“A fairer face of evening cannot be.”
is simple and appropriate, but in it there is no fresh glow, no mysterious throb. Above the level of this line rise suddenly the first three words of the second, “the holy time.” The presence of a scene where sky, earth, and ocean combine for the delight of the beholders puts them in a mood which crowns the landscape with a religious halo. That the time is holy they all feel; and now, to make its tranquillity appreciable by filling the heart with it, the poet adds—“is quiet as a nun breathless with adoration.” By this master-stroke of poetic power the atmospheric earthly calm is vivified with, is changed into, super-earthly calm. By a fresh burst of spiritual light the mind is set aesthetically aglow, as by the beams of the setting sun the landscape is physically. By an exceptionally empowered hand the soul is strung to a high key. Fullness and range of sensibility open to the poet[4] a wide field of illustration; its exacting fineness reveals the one that carries his thought into the depths of the reader’s mind, bringing him that exquisite joy caused by keen intellectual power in the service of pure emotion.
[4] Wordsworth.
Take now other samples from the treasury of choicest poetry. Here is one from Coleridge:—
“And winter,
slumbering in the open air,
Wears on his smiling face a dream of spring.”

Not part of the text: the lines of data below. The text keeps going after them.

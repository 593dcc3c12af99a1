-- ===== src/Conf.antt =====
-- LocalConf (LocalConf.cpp): the parser of local.conf and its values. Text is a list of bytes, the
-- file one text. The parser and printer of doubles, the folder test and the documents folder are
-- parameters. The conversion of the folder's path from and to wxString changes nothing here.
pub mod Numbers
pub mod Valid
pub mod Text
pub mod Saved
mod Tests
mod SavedTests
use file_transfer_cmd.Prelude.{
  Bool, List, Option, [], false, if◌then◌else◌, leb, length, ltb, none, not, some, suc, true, zero,
  ℕ, ◌%◌, ◌&&◌, ◌*◌, ◌++◌, ◌+◌, ◌-◌, ◌/◌, ◌==◌, ◌^◌, ◌||◌, ◌∷◌,
}
use file_transfer_cmd.Doubles.{Doubles}
use file_transfer_cmd.Prelude.Int.{negsuc, pos, ℤ}
use Prim.Native.Char.{code}
use Prim.Native.String.{String}

abbrev pub codes : String → List ℕ
codes String.[] = []
codes (String.◌∷◌ c s) = code c ∷ codes s

abbrev pub eq_bytes : List ℕ → List ℕ → Bool
eq_bytes [] [] = true
eq_bytes [] (y ∷ ys) = false
eq_bytes (x ∷ xs) [] = false
eq_bytes (x ∷ xs) (y ∷ ys) = x == y && eq_bytes xs ys

pub is_blank : ℕ → Bool
is_blank c = c == b' ' || c == b'\t'

-- The two erases of trim.
pub trim_start : List ℕ → List ℕ
trim_start [] = []
trim_start (c ∷ cs) = if is_blank c then trim_start cs else c ∷ cs

pub trim_end : List ℕ → List ℕ
trim_end [] = []
trim_end (c ∷ cs) =
    let rest = trim_end cs in if length rest == 0 && is_blank c then [] else c ∷ rest

pub trim : List ℕ → List ℕ
trim str = trim_end (trim_start str)

unfoldable pub is_comment_or_empty : List ℕ → Bool
is_comment_or_empty [] = true
is_comment_or_empty (c ∷ cs) = c == b'#'

-- std::stoi: white space, a sign, digits; what follows is ignored.
unfoldable pub is_space : ℕ → Bool
is_space c = c == b' ' || (leb 9 c && leb c 13)

unfoldable pub is_digit : ℕ → Bool
is_digit c = leb b'0' c && leb c b'9'

unfoldable pub parse_digits : ℕ → List ℕ → ℕ
parse_digits acc [] = acc
parse_digits acc (c ∷ cs) =
    let more = parse_digits (acc * 10 + (c - b'0')) cs in if is_digit c then more else acc

-- The range of int; the other outcome is std::out_of_range.
unfoldable pub in_int : Bool → ℕ → Option ℤ
in_int true zero = some (pos 0)
in_int true (suc v) = if ltb v (2 ^ 31) then some (negsuc v) else none
in_int false v = if ltb v (2 ^ 31) then some (pos v) else none

unfoldable pub stoi_digits : Bool → List ℕ → Option ℤ
stoi_digits minus [] = none
stoi_digits minus (c ∷ cs) = if is_digit c then in_int minus (parse_digits 0 (c ∷ cs)) else none

pub stoi_signed : List ℕ → Option ℤ
stoi_signed [] = none
stoi_signed (c ∷ cs) =
    if c == b'-'
    then stoi_digits true cs
    else if c == b'+'
    then stoi_digits false cs
    else stoi_digits false (c ∷ cs)

unfoldable pub skip_space : List ℕ → List ℕ
skip_space [] = []
skip_space (c ∷ cs) = if is_space c then skip_space cs else c ∷ cs

pub stoi : List ℕ → Option ℤ
stoi str = stoi_signed (skip_space str)

-- The text before the first `=` and after it; `none` is npos.
pub split_eq : List ℕ → Option (List ℕ × List ℕ)
split_eq [] = none
split_eq (c ∷ cs) =
    if c == b'='
    then some ([], cs)
    else elim (split_eq cs) [ none ↦ none | some (k, v) ↦ some (c ∷ k, v) ]

pub record LocalConf (D : Type 0) : Type 0 where
  pub rdma_gid_index : ℤ
  pub local_port : ℤ
  pub max_thread_num : ℤ
  pub default_rate : D
  pub block_size : ℤ
  pub block_num : ℤ
  pub saved_folder_path : List ℕ

-- What the program takes from elsewhere: std::stod, `<<` of a double, and wxWidgets.
pub record Platform (D : Type 0) : Type 0 where
  pub doubles : Doubles D
  pub stod : List ℕ → Option D
  pub show_double : D → List ℕ
  pub dir_exists : List ℕ → Bool
  pub documents_dir : List ℕ

-- An integer that is read: whether there was an error, and the value. A number that does not parse
-- or is out of range gives the default.
pub read_int : (ℤ → Bool) → ℤ → List ℕ → Bool × ℤ
read_int in_range default value = elim (stoi value) [
  | none ↦ (true, default)
  | some v ↦ if in_range v then (false, v) else (true, default)
]

abbrev pub between : ℕ → ℕ → ℤ → Bool
between lo hi (pos v) = leb lo v && leb v hi
between lo hi (negsuc v) = false

abbrev pub not_negative : ℤ → Bool
not_negative (pos v) = true
not_negative (negsuc v) = false

-- std::getline until the end of the file; a last line needs no newline.
pub cons_line : ℕ → List (List ℕ) → List (List ℕ)
cons_line c [] = (c ∷ []) ∷ []
cons_line c (l ∷ ls) = (c ∷ l) ∷ ls

pub get_lines : List ℕ → List (List ℕ)
get_lines [] = []
get_lines (c ∷ cs) = let rest = get_lines cs in if c == b'\n' then [] ∷ rest else cons_line c rest

module _ {D : Type 0} (p : Platform D) where
  abbrev hundred : D
  hundred = p.doubles.of_nat 100

  pub read_rate : List ℕ → Bool × D
  read_rate value = elim (p.stod value) [
    | none ↦ (true, hundred)
    | some v ↦ if p.doubles.le v (p.doubles.of_nat 0) then (true, hundred) else (false, v)
  ]

  pub read_folder : List ℕ → Bool × List ℕ
  read_folder value =
      if length value == 0 || not (p.dir_exists value)
      then (true, p.documents_dir)
      else (false, value)

  -- One key with its value: whether there was an error, and the configuration.
  pub set_value : List ℕ → List ℕ → LocalConf D → Bool × LocalConf D
  set_value key value c =
      if eq_bytes key (codes "RdmaGidIndex")
      then (let (e, v) = read_int not_negative (pos 0) value in
          (e, record c { rdma_gid_index = v }))
      else if eq_bytes key (codes "ListenPort")
      then (let (e, v) = read_int (between 1 65535) (pos 52025) value in
          (e, record c { local_port = v }))
      else if eq_bytes key (codes "MaxThreadNum")
      then (let (e, v) = read_int (between 1 1024) (pos 16) value in
          (e, record c { max_thread_num = v }))
      else if eq_bytes key (codes "DefaultRate")
      then (let (e, v) = read_rate value in (e, record c { default_rate = v }))
      else if eq_bytes key (codes "BlockSize")
      then (let (e, v) = read_int (between 1 1048576) (pos 1024) value in
          (e, record c { block_size = v }))
      else if eq_bytes key (codes "BlockNum")
      then (let (e, v) = read_int (between 1 65536) (pos 256) value in
          (e, record c { block_num = v }))
      else if eq_bytes key (codes "SavedFolderPath")
      then (let (e, v) = read_folder value in (e, record c { saved_folder_path = v }))
      else (true, c)

  -- One line. Without a `=` the whole line is key and value, since npos + 1 is 0.
  pub load_line : List ℕ → LocalConf D → Bool × LocalConf D
  load_line text c =
      let line = trim text in
      if is_comment_or_empty line then (false, c) else elim (split_eq line) [
        | none ↦ (true, (set_value (trim line) (trim line) c).1)
        | some (key, value) ↦ set_value (trim key) (trim value) c
      ]

  -- The loop over the lines of a file; `true` is the return of -1.
  pub load_lines : List (List ℕ) → LocalConf D → Bool × LocalConf D
  load_lines [] c = (false, c)
  load_lines (line ∷ lines) c =
      let (e, c') = load_line line c in let (e', c'') = load_lines lines c' in (e || e', c'')

  -- loadConf on a file that is there.
  pub load_conf : List ℕ → LocalConf D → Bool × LocalConf D
  load_conf text c = load_lines (get_lines text) c

  -- The constructor, with initNewConf's difference in the first field.
  pub new_conf : LocalConf D
  new_conf = record {
    rdma_gid_index = pos 3;
    local_port = pos 52025;
    max_thread_num = pos 16;
    default_rate = hundred;
    block_size = pos 1024;
    block_num = pos 256;
    saved_folder_path = p.documents_dir;
  }

-- `<<` of an int, on fuel.
pub decimal : ℕ → ℕ → List ℕ
decimal zero n = []
decimal (suc fuel) n =
    let front = decimal fuel (n / 10) in
    if ltb n 10 then (b'0' + n) ∷ [] else front ++ (b'0' + n % 10) ∷ []

pub show_int : ℤ → List ℕ
show_int (pos n) = decimal (n + 1) n
show_int (negsuc n) = b'-' ∷ decimal (n + 2) (n + 1)

-- Lines, each with its newline.
pub put_lines : List (List ℕ) → List ℕ
put_lines [] = []
put_lines (l ∷ ls) = l ++ b'\n' ∷ put_lines ls

-- What saveConf writes, line by line.
pub saved_lines : {D : Type 0} → Platform D → LocalConf D → List (List ℕ)
saved_lines p c =
    codes "# Configuration File"
    ∷ (codes "RdmaGidIndex = " ++ show_int c.rdma_gid_index)
    ∷ (codes "ListenPort = " ++ show_int c.local_port)
    ∷ (codes "MaxThreadNum = " ++ show_int c.max_thread_num)
    ∷ (codes "DefaultRate = " ++ p.show_double c.default_rate)
    ∷ (codes "BlockSize = " ++ show_int c.block_size)
    ∷ (codes "BlockNum = " ++ show_int c.block_num)
    ∷ (codes "SavedFolderPath = " ++ c.saved_folder_path)
    ∷ codes "# End of Configuration File"
    ∷ []

pub save_conf : {D : Type 0} → Platform D → LocalConf D → List ℕ
save_conf p c = put_lines (saved_lines p c)
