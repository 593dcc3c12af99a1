-- ===== src/Conf/Numbers.antt =====
-- LocalConf: a number that saveConf writes is the one that loadConf reads.
use file_transfer_cmd.Prelude.{
  All, Bool, Bool-cases, List, [], ap, arith, false, inl, inr, ltb, lt→ltb, refl, some, suc, true,
  zero, ℕ, ◌%◌, ◌*◌, ◌++◌, ◌+◌, ◌-◌, ◌/◌, ◌<◌, ◌^◌, ◌∙◌, ◌∷◌, ◌≡◌,
}
use file_transfer_cmd.Conf.{
  decimal, in_int, is_digit, is_space, parse_digits, show_int, skip_space, stoi, stoi_digits,
  stoi_signed,
}
use file_transfer_cmd.Prelude.Int.{negsuc, pos, ℤ}
use mathlib.Core.List.{nil≢cons}

abbrev pub AreDigits : List ℕ → Type 0
AreDigits cs = All (λ c. is_digit c ≡ true) cs

abbrev pub value_from : ℕ → List ℕ → ℕ
value_from acc [] = acc
value_from acc (c ∷ cs) = value_from (acc * 10 + (c - b'0')) cs

digit : (n : ℕ) → n < 10 → is_digit (b'0' + n) ≡ true
unfolding is_digit
digit n h = ground arith

AreDigits-append :
    (xs : List ℕ) (y : ℕ) → AreDigits xs → is_digit y ≡ true → AreDigits (xs ++ y ∷ [])
AreDigits-append [] y a h = (h, tt)
AreDigits-append (x ∷ xs) y (d, a) h = (d, AreDigits-append xs y a h)

value_from-append :
    (acc : ℕ) (xs : List ℕ) (y : ℕ)
    → value_from acc (xs ++ y ∷ []) ≡ value_from acc xs * 10 + (y - b'0')
value_from-append acc [] y = refl
value_from-append acc (x ∷ xs) y = value_from-append (acc * 10 + (x - b'0')) xs y

pub parse_digits-value :
    (acc : ℕ) (cs : List ℕ) → AreDigits cs → parse_digits acc cs ≡ value_from acc cs
unfolding parse_digits
parse_digits-value acc [] a = refl
parse_digits-value acc (c ∷ cs) (d, a) = rw d (parse_digits-value (acc * 10 + (c - b'0')) cs a)

pub decimal-AreDigits : (fuel n : ℕ) → n < fuel → AreDigits (decimal fuel n)
unfolding decimal
decimal-AreDigits zero n h = tt
decimal-AreDigits (suc fuel) n h = elim (Bool-cases (ltb n 10)) [
  | inl small ↦ rw small (digit n (ground arith), tt)
  | inr large ↦ rw large (
      AreDigits-append (decimal fuel (n / 10)) (b'0' + n % 10)
        (decimal-AreDigits fuel (n / 10) (ground arith)) (digit (n % 10) (omega arith)))
]

pub decimal-value : (fuel n : ℕ) → n < fuel → value_from 0 (decimal fuel n) ≡ n
unfolding decimal
decimal-value zero n h = absurd (omega arith)
decimal-value (suc fuel) n h = elim (Bool-cases (ltb n 10)) [
  | inl small ↦ rw small (omega arith)
  | inr large ↦ rw large (
      value_from-append 0 (decimal fuel (n / 10)) (b'0' + n % 10)
      ∙ omega (arith, decimal-value fuel (n / 10) (ground arith)))
]

pub decimal-cons : (fuel n : ℕ) → n < fuel → (c : ℕ) × (cs : List ℕ) × (decimal fuel n ≡ c ∷ cs)
unfolding decimal
decimal-cons zero n h = absurd (omega arith)
decimal-cons (suc fuel) n h = elim (Bool-cases (ltb n 10)) [
  | inl small ↦ rw small (b'0' + n, [], refl)
  | inr large ↦
      let (c, cs, e) = decimal-cons fuel (n / 10) (ground arith) in
      rw large (c, cs ++ (b'0' + n % 10) ∷ [], ap (λ l. l ++ (b'0' + n % 10) ∷ []) e)
]

stoi_digits-decimal :
    (minus : Bool) (cs : List ℕ) (c : ℕ) (rest : List ℕ)
    → cs ≡ c ∷ rest
    → AreDigits cs
    → stoi_digits minus cs ≡ in_int minus (value_from 0 cs)
unfolding stoi_digits
stoi_digits-decimal minus [] c rest e a = absurd (nil≢cons e)
stoi_digits-decimal minus (x ∷ xs) c rest e (d, a) =
    rw d (ap (in_int minus) (parse_digits-value 0 (x ∷ xs) (d, a)))

-- A text that starts with a digit has no white space and no sign in front.
stoi-digits_first :
    (cs : List ℕ) (c : ℕ) (rest : List ℕ)
    → cs ≡ c ∷ rest
    → AreDigits cs
    → stoi cs ≡ stoi_digits false cs
unfolding stoi stoi_signed skip_space is_space is_digit
stoi-digits_first [] c rest e a = absurd (nil≢cons e)
stoi-digits_first (x ∷ xs) c rest e (d, a) = ground arith

stoi-minus : (cs : List ℕ) → stoi (b'-' ∷ cs) ≡ stoi_digits true cs
unfolding stoi stoi_signed skip_space is_space
stoi-minus cs = refl

-- The values of an int.
abbrev pub IsInt : ℤ → Type 0
IsInt (pos n) = n < 2 ^ 31
IsInt (negsuc n) = n < 2 ^ 31

-- Reading what was written gives the number back, for every int, also the least one.
pub stoi-show_int : (v : ℤ) → IsInt v → stoi (show_int v) ≡ some v
unfolding show_int in_int
stoi-show_int (pos n) h =
    let (c, cs, e) = decimal-cons (n + 1) n (omega arith) in
    let digits : AreDigits (decimal (n + 1) n) = decimal-AreDigits (n + 1) n (omega arith) in
    stoi-digits_first (decimal (n + 1) n) c cs e digits
    ∙ stoi_digits-decimal false (decimal (n + 1) n) c cs e digits
    ∙ ap (in_int false) (decimal-value (n + 1) n (omega arith))
    ∙ rw (lt→ltb n (2 ^ 31) h) refl
stoi-show_int (negsuc n) h =
    let (c, cs, e) = decimal-cons (n + 2) (n + 1) (omega arith) in
    let digits : AreDigits (decimal (n + 2) (n + 1)) =
      decimal-AreDigits (n + 2) (n + 1) (omega arith) in
    let value : value_from 0 (decimal (n + 2) (n + 1)) ≡ suc n =
      decimal-value (n + 2) (n + 1) (omega arith) ∙ omega arith in
    stoi-minus (decimal (n + 2) (n + 1))
    ∙ stoi_digits-decimal true (decimal (n + 2) (n + 1)) c cs e digits
    ∙ ap (in_int true) value
    ∙ rw (lt→ltb n (2 ^ 31) h) refl
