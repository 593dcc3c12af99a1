-- ===== src/Conf/Text.antt =====
-- Texts on one line, as saveConf writes them and loadConf reads them.
use file_transfer_cmd.Prelude.{
  All, Bool, Bool-cases, List, [], ap, arith, false, inl, inr, length, length-append, not, refl,
  true, ℕ, ◌&&◌, ◌++◌, ◌+◌, ◌<◌, ◌==◌, ◌∙◌, ◌∷◌, ◌≡◌, ◌≤◌,
}
use file_transfer_cmd.Conf.{
  cons_line, decimal, get_lines, is_blank, is_digit, put_lines, show_int, trim_end, trim_start,
}
use file_transfer_cmd.Conf.Numbers.{AreDigits, decimal-AreDigits, decimal-cons}
use file_transfer_cmd.Prelude.Int.{negsuc, pos, ℤ}

abbrev pub one_line : List ℕ → Bool
one_line [] = true
one_line (c ∷ cs) = not (c == b'\n') && one_line cs

-- A text on one line, not empty, that trim leaves as it is.
pub record IsPlainText (v : List ℕ) : Type 0 where
  pub start : trim_start v ≡ v
  pub end : trim_end v ≡ v
  pub some_text : 1 ≤ length v
  pub line : one_line v ≡ true

get_lines-line :
    (l rest : List ℕ) → one_line l ≡ true → get_lines (l ++ b'\n' ∷ rest) ≡ l ∷ get_lines rest
unfolding get_lines cons_line
get_lines-line [] rest h = refl
get_lines-line (c ∷ cs) rest h = elim (Bool-cases (c == b'\n')) [
  | inl ends ↦ absurd (not_line c cs ends h)
  | inr text ↦ rw text (ap (cons_line c) (get_lines-line cs rest (rw text at h)))
]
  where
    not_line : (c : ℕ) (cs : List ℕ) → (c == b'\n') ≡ true → ¬ (one_line (c ∷ cs) ≡ true)
    not_line c cs e h = cc (rw e at h)

-- The lines of what is written are those that were to be written, if none has a newline in it.
pub get_lines-put_lines :
    (ls : List (List ℕ)) → All (λ l. one_line l ≡ true) ls → get_lines (put_lines ls) ≡ ls
unfolding put_lines get_lines
get_lines-put_lines [] h = refl
get_lines-put_lines (l ∷ ls) (h, hs) =
    get_lines-line l (put_lines ls) h ∙ ap (◌∷◌ l) (get_lines-put_lines ls hs)

one_line-digits : (cs : List ℕ) → AreDigits cs → one_line cs ≡ true
unfolding is_digit
one_line-digits [] a = refl
one_line-digits (c ∷ cs) (d, a) =
    let text : (c == b'\n') ≡ false = ground arith in rw text (one_line-digits cs a)

pub trim_end-append : (xs v : List ℕ) → IsPlainText v → trim_end (xs ++ v) ≡ xs ++ v
unfolding trim_end
trim_end-append [] v t = t.end
trim_end-append (x ∷ xs) v t =
    let more : (length (xs ++ v) == 0) ≡ false = ground (arith, length-append xs v, t.some_text) in
    rw (trim_end-append xs v t) (rw more refl)

trim_end-digits : (cs : List ℕ) → AreDigits cs → trim_end cs ≡ cs
unfolding trim_end is_blank is_digit
trim_end-digits [] a = refl
trim_end-digits (c ∷ cs) (d, a) =
    let text : is_blank c ≡ false = ground arith in rw (trim_end-digits cs a) (ground arith)

trim_start-digits : (cs : List ℕ) → AreDigits cs → trim_start cs ≡ cs
unfolding trim_start is_blank is_digit
trim_start-digits [] a = refl
trim_start-digits (c ∷ cs) (d, a) = let text : is_blank c ≡ false = ground arith in rw text refl

decimal-IsPlainText : (fuel n : ℕ) → n < fuel → IsPlainText (decimal fuel n)
decimal-IsPlainText fuel n h =
    let digits : AreDigits (decimal fuel n) = decimal-AreDigits fuel n h in
    let (c, cs, e) = decimal-cons fuel n h in
    record {
      start = trim_start-digits (decimal fuel n) digits;
      end = trim_end-digits (decimal fuel n) digits;
      some_text = rw e (omega arith);
      line = one_line-digits (decimal fuel n) digits;
    }

pub show_int-IsPlainText : (v : ℤ) → IsPlainText (show_int v)
unfolding show_int trim_start is_blank
show_int-IsPlainText (pos n) = decimal-IsPlainText (n + 1) n (omega arith)
show_int-IsPlainText (negsuc n) =
    let t = decimal-IsPlainText (n + 2) (n + 1) (omega arith) in
    record {
      start = refl;
      end = trim_end-append (b'-' ∷ []) (decimal (n + 2) (n + 1)) t;
      some_text = omega arith;
      line = t.line;
    }
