-- ===== src/Conf/Valid.antt =====
-- LocalConf::loadConf: whatever the file says, the values are in their ranges.
use file_transfer_cmd.Prelude.{
  Bool, Bool-cases, List, Option-cases, [], false, if◌then◌else◌, inl, inr, refl, true, ℕ, ◌∷◌, ◌≡◌,
}
use file_transfer_cmd.Conf.{
  LocalConf, Platform, between, codes, eq_bytes, is_comment_or_empty, load_line, load_lines,
  new_conf, not_negative, read_int, read_rate, set_value, split_eq, stoi, trim,
}
use file_transfer_cmd.Prelude.Int.{pos, ℤ}

pub record IsValid {D : Type 0} (p : Platform D) (c : LocalConf D) : Type 0 where
  pub gid : not_negative c.rdma_gid_index ≡ true
  pub port : between 1 65535 c.local_port ≡ true
  pub threads : between 1 1024 c.max_thread_num ≡ true
  pub rate : p.doubles.le c.default_rate (p.doubles.of_nat 0) ≡ false
  pub size : between 1 1048576 c.block_size ≡ true
  pub blocks : between 1 65536 c.block_num ≡ true

read_int-in_range :
    (in_range : ℤ → Bool) (default : ℤ) (value : List ℕ)
    → in_range default ≡ true
    → in_range (read_int in_range default value).1 ≡ true
unfolding read_int
read_int-in_range in_range default value h = elim (Option-cases (stoi value)) [
  | inl bad_text ↦ rw (bad_text, read_int) h
  | inr (v, e) ↦
      rw (e, read_int)
        (elim (Bool-cases (in_range v)) [ inl fits ↦ rw fits fits | inr too_far ↦ rw too_far h ])
]

module _ {D : Type 0} (p : Platform D)
    (hundred_positive : p.doubles.le (p.doubles.of_nat 100) (p.doubles.of_nat 0) ≡ false) where
  read_rate-positive :
      (value : List ℕ) → p.doubles.le (read_rate p value).1 (p.doubles.of_nat 0) ≡ false
  unfolding read_rate
  read_rate-positive value = elim (Option-cases (p.stod value)) [
    | inl bad_text ↦ rw (bad_text, read_rate) hundred_positive
    | inr (v, e) ↦
        rw (e, read_rate)
          (elim (Bool-cases (p.doubles.le v (p.doubles.of_nat 0))) [
            | inl low ↦ rw low hundred_positive
            | inr fits ↦ rw fits fits
          ])
  ]

  either :
      (b : Bool) (x y : Bool × LocalConf D)
      → IsValid p x.1
      → IsValid p y.1
      → IsValid p (if b then x else y).1
  either true x y h k = h
  either false x y h k = k

  set_value-IsValid :
      (key value : List ℕ) (c : LocalConf D) → IsValid p c → IsValid p (set_value p key value c).1
  unfolding set_value
  set_value-IsValid key value c v =
      let gid = read_int-in_range not_negative (pos 0) value refl in
      let port = read_int-in_range (between 1 65535) (pos 52025) value refl in
      let threads = read_int-in_range (between 1 1024) (pos 16) value refl in
      let size = read_int-in_range (between 1 1048576) (pos 1024) value refl in
      let blocks = read_int-in_range (between 1 65536) (pos 256) value refl in
      let rate = read_rate-positive value in
      either (eq_bytes key (codes "RdmaGidIndex")) _ _
        (record {
          gid = gid;
          port = v.port;
          threads = v.threads;
          rate = v.rate;
          size = v.size;
          blocks = v.blocks;
        })
        (either (eq_bytes key (codes "ListenPort")) _ _
          (record {
            gid = v.gid;
            port = port;
            threads = v.threads;
            rate = v.rate;
            size = v.size;
            blocks = v.blocks;
          })
          (either (eq_bytes key (codes "MaxThreadNum")) _ _
            (record {
              gid = v.gid;
              port = v.port;
              threads = threads;
              rate = v.rate;
              size = v.size;
              blocks = v.blocks;
            })
            (either (eq_bytes key (codes "DefaultRate")) _ _
              (record {
                gid = v.gid;
                port = v.port;
                threads = v.threads;
                rate = rate;
                size = v.size;
                blocks = v.blocks;
              })
              (either (eq_bytes key (codes "BlockSize")) _ _
                (record {
                  gid = v.gid;
                  port = v.port;
                  threads = v.threads;
                  rate = v.rate;
                  size = size;
                  blocks = v.blocks;
                })
                (either (eq_bytes key (codes "BlockNum")) _ _
                  (record {
                    gid = v.gid;
                    port = v.port;
                    threads = v.threads;
                    rate = v.rate;
                    size = v.size;
                    blocks = blocks;
                  })
                  (either (eq_bytes key (codes "SavedFolderPath")) _ _
                    (record {
                      gid = v.gid;
                      port = v.port;
                      threads = v.threads;
                      rate = v.rate;
                      size = v.size;
                      blocks = v.blocks;
                    })
                    v))))))

  load_line-IsValid :
      (text : List ℕ) (c : LocalConf D) → IsValid p c → IsValid p (load_line p text c).1
  unfolding load_line
  load_line-IsValid text c v = elim (Bool-cases (is_comment_or_empty (trim text))) [
    | inl skipped ↦ rw (skipped, load_line) v
    | inr read ↦ elim (Option-cases (split_eq (trim text))) [
      | inl whole ↦
          rw (read, load_line)
            (rw whole (set_value-IsValid (trim (trim text)) (trim (trim text)) c v))
      | inr ((key, value), e) ↦
          rw (read, load_line) (rw e (set_value-IsValid (trim key) (trim value) c v))
    ]
  ]

  load_lines-IsValid :
      (lines : List (List ℕ)) (c : LocalConf D) → IsValid p c → IsValid p (load_lines p lines c).1
  unfolding load_lines
  load_lines-IsValid [] c v = v
  load_lines-IsValid (line ∷ lines) c v =
      load_lines-IsValid lines (load_line p line c).1 (load_line-IsValid line c v)

-- Whatever lines the file has, in any order and however often, the values that loadConf leaves are
-- in their ranges, if the 100 that it falls back to is above 0: no negative index, a port from 1 to
-- 65535, 1 to 1024 threads, a rate that is not 0 or below, 1 to 1048576 kilobytes for a block, and
-- 1 to 65536 blocks.
pub load_conf-IsValid :
    {D : Type 0} (p : Platform D) (lines : List (List ℕ))
    → p.doubles.le (p.doubles.of_nat 100) (p.doubles.of_nat 0) ≡ false
    → IsValid p (load_lines p lines (new_conf p)).1
unfolding new_conf
load_conf-IsValid p lines h =
    load_lines-IsValid p h lines (new_conf p)
      (record { gid = refl; port = refl; threads = refl; rate = h; size = refl; blocks = refl })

Here again the intellect is urged to its highest action, the abstract or imaginative action, to do the hests of a sensibility so finely wrought by the inward impulsion to seek for the most exquisite that nature can furnish, that it yields similitudes most delicate, most apt, most expressive.
Milton thus opens the fifth book of “Paradise Lost:”—
“Now morn, her rosy steps in the
eastern clime
Advancing, sowed the earth with orient
pearl.”
Shakespeare makes Romeo describe daybreak:—
“And
jocund day
Stands tiptoe on the misty mountain-tops.”
Keats begins “Hyperion” with these lines:
“Deep in the shady sadness
of a vale,
Far sunken from the healthy breath of morn.”
In the Monody on Keats, Shelley, describing the lamentation of nature at his death, concludes a stanza as follows:—
“Morning
sought
Her eastern watch-tower, and,
her hair unbound,
Wet with the tears that should
adorn the ground,
Dimmed the aerial eyes that
kindle day;
Afar the melancholy thunder
moaned,
Pale Ocean in unquiet slumber
lay,
And the wild winds flew around, sobbing
in their dismay.”
Such passages are the very flower of poetry, thought exquisitely dyed in sentiment, laying suddenly bare a picture with so much light in it that each passage irradiates its page and the reader’s mind. By their happiness the similitudes emphasize and enforce the thought; and they do a higher service than this; for, being a breath from the inner life of genius, they blow power into the reader. To translate these passages into prose were like trying to translate a lily into the mold out of which it springs, or a bar of Beethoven into the sounds of the forum, or the sparkle of stars into the warmth of a coal fire.